30Y approaching 5.00% — At 4.875%, only 12.5 bps from the psychologically critical level. MOVE at 84.88 near war highs. A breach of 5.00% would represent a new regime — “bond market crisis” layered on stagflation. Yesterday’s bull steepener lasted one session.
200-day MA — third test — ES cash ~6,619. The MA held on Days 12 and 16. A third test has lower odds of holding. If it breaks, systematic trend-following selling triggers. This is the last major technical support.
De-escalation rhetoric vs. physical reality — Netanyahu pledges restraint, Bessent hints at oil release, but Kuwait refinery hit AGAIN, Iran warns “zero restraint,” Qatar faces 3–5 year repair. The gap between words and actions is the market’s biggest risk.

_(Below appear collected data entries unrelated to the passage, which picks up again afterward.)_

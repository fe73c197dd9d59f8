-- ===== src/Protocol/Messages/Players/NetIds.antt =====
-- An empty name is written as nothing: it can be read at the end of a packet only.
use basis_rust_server.Common.{
  ℕ, ◌+◌, ◌^◌, ◌<◌, ◌≡◌, refl, sym, ap, ◌∙◌, true, false, [], ◌∷◌, ◌++◌, length, arith, append-nil,
  append_assoc, length-append, length-drop, ◌==◌,
}
use basis_rust_server.Common.Words.{Bytes, to_le_bytes}
use basis_rust_server.Protocol.Io.{NetReader, remaining, put_string}
use basis_rust_server.Protocol.Io.Reads.{Reads, ahead, advance, map-Reads, bind-Reads}
use basis_rust_server.Protocol.Io.RoundTrip.{text_bytes, get_string-Reads, bytes-put_string}
use basis_rust_server.Protocol.Io.Carries.{◌⨾◌}
use basis_rust_server.Protocol.Io.Carries.Words.{IsText}
use basis_rust_server.Protocol.Messages.Rest.{Closes}
use basis_rust_server.Protocol.Messages.Players.{
  UshortUniqueIdMessage, serialize_ushort_unique_id_message, NetIdMessage, ServerNetIdMessage,
  write_net_id, read_net_id, serialize_net_id_message, deserialize_net_id_message,
  serialize_server_net_id_message, deserialize_server_net_id_message,
}
use basis_rust_server.Protocol.Messages.Players.Carried.{ushort_unique_id_message-Carries}

remaining-ahead : (r : NetReader) → remaining r ≡ length (ahead r)
unfolding remaining
remaining-ahead r = sym (length-drop r.pos r.bytes)

net_id-Reads :
    (c : ℕ) (cs : Bytes)
    → IsText (c ∷ cs)
    → Reads deserialize_net_id_message (text_bytes (c ∷ cs)) (record { player_id = c ∷ cs })
unfolding deserialize_net_id_message read_net_id
net_id-Reads c cs (u, h) = record {
  run = λ r ys here.
      let more : (remaining r == 0) ≡ false = ground (
        arith,
        remaining-ahead r,
        ap length here,
        length-append (to_le_bytes 2 (length (c ∷ cs) + 1) ++ (c ∷ cs)) ys,
        length-append (to_le_bytes 2 (length (c ∷ cs) + 1)) (c ∷ cs),
      ) in
      rw more (Reads.run (map-Reads _ (get_string-Reads (c ∷ cs) u h) refl) r ys here);
}

abbrev pub FitsNetIdMessage : NetIdMessage → Type 0
FitsNetIdMessage m = IsText m.player_id

net_id-Closes :
    (s : Bytes)
    → IsText s
    → Closes (write_net_id s) deserialize_net_id_message (record { player_id = s })
unfolding write_net_id deserialize_net_id_message
net_id-Closes [] h = record {
  wire = [];
  writes = λ w. sym (append-nil w.bytes);
  reads_last = λ r here.
      let none_left : (remaining r == 0) ≡ true =
        ground (arith, remaining-ahead r, ap length here) in
      (r, rw none_left);
}
net_id-Closes (c ∷ cs) h = record {
  wire = text_bytes (c ∷ cs);
  writes = λ w. bytes-put_string (c ∷ cs) w h.1;
  reads_last = λ r here. (
    advance (length (text_bytes (c ∷ cs))) r,
    unfold deserialize_net_id_message in
        Reads.run (net_id-Reads c cs h) r [] (here ∙ sym (append-nil (text_bytes (c ∷ cs)))),
  );
}

pub net_id_message-Closes :
    (m : NetIdMessage)
    → FitsNetIdMessage m
    → Closes (serialize_net_id_message m) deserialize_net_id_message m
unfolding serialize_net_id_message
net_id_message-Closes m h = net_id-Closes m.player_id h

abbrev pub FitsServerNetIdMessage : ServerNetIdMessage → Type 0
FitsServerNetIdMessage m =
    (0 < length m.net_id_message.player_id)
    × IsText m.net_id_message.player_id
    × (m.ushort_unique_id_message.unique_id_ushort < 2 ^ 16)

server_net_id-Closes :
    (s : Bytes) (id : UshortUniqueIdMessage)
    → 0 < length s
    → IsText s
    → id.unique_id_ushort < 2 ^ 16
    → Closes
        (write_net_id s ⨾ serialize_ushort_unique_id_message id)
        deserialize_server_net_id_message
        (record { net_id_message = record { player_id = s }; ushort_unique_id_message = id })
unfolding write_net_id deserialize_server_net_id_message
server_net_id-Closes [] id some h k = absurd (omega arith)
server_net_id-Closes (c ∷ cs) id some h k =
    let rest = ushort_unique_id_message-Carries id k in
    record {
      wire = text_bytes (c ∷ cs) ++ rest.wire;
      writes = λ w.
          rest.writes (put_string (c ∷ cs) w)
          ∙ rw (bytes-put_string (c ∷ cs) w h.1)
              (append_assoc w.bytes (text_bytes (c ∷ cs)) rest.wire);
      reads_last = λ r here. (
        advance (length (text_bytes (c ∷ cs) ++ rest.wire)) r,
        Reads.run (bind-Reads _ (net_id-Reads c cs h) (map-Reads _ rest.reads refl)) r []
            (here ∙ sym (append-nil (text_bytes (c ∷ cs) ++ rest.wire))),
      );
    }

pub server_net_id_message-Closes :
    (m : ServerNetIdMessage)
    → FitsServerNetIdMessage m
    → Closes (serialize_server_net_id_message m) deserialize_server_net_id_message m
unfolding serialize_server_net_id_message serialize_net_id_message
server_net_id_message-Closes m h =
    server_net_id-Closes m.net_id_message.player_id m.ushort_unique_id_message h.0 h.1 h.2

Week 4 begins Monday — The war enters its fourth week. The data desert means war headlines dominate. Michigan Sentiment FINAL March 27. Next FOMC May 6–7. Bessent’s unsanction timeline (10–14 days) means potential oil supply relief by late March/early April.
Morning check: the end of the most intense week since the war began. Gold is bouncing for the first time since the liquidation. Oil is pulling back from $119 despite continued attacks. De-escalation signals are being priced. But the bond market is the skeptic — the 30Y approaches 5%, MOVE is near war highs, and no rate cuts are priced until 2027. The market is bifurcated: one half stabilizing, the other in structural repricing. The 200-day MA has held twice. Gold’s bounce and the bond market’s rejection will determine whether Week 4 brings recovery or another wave down.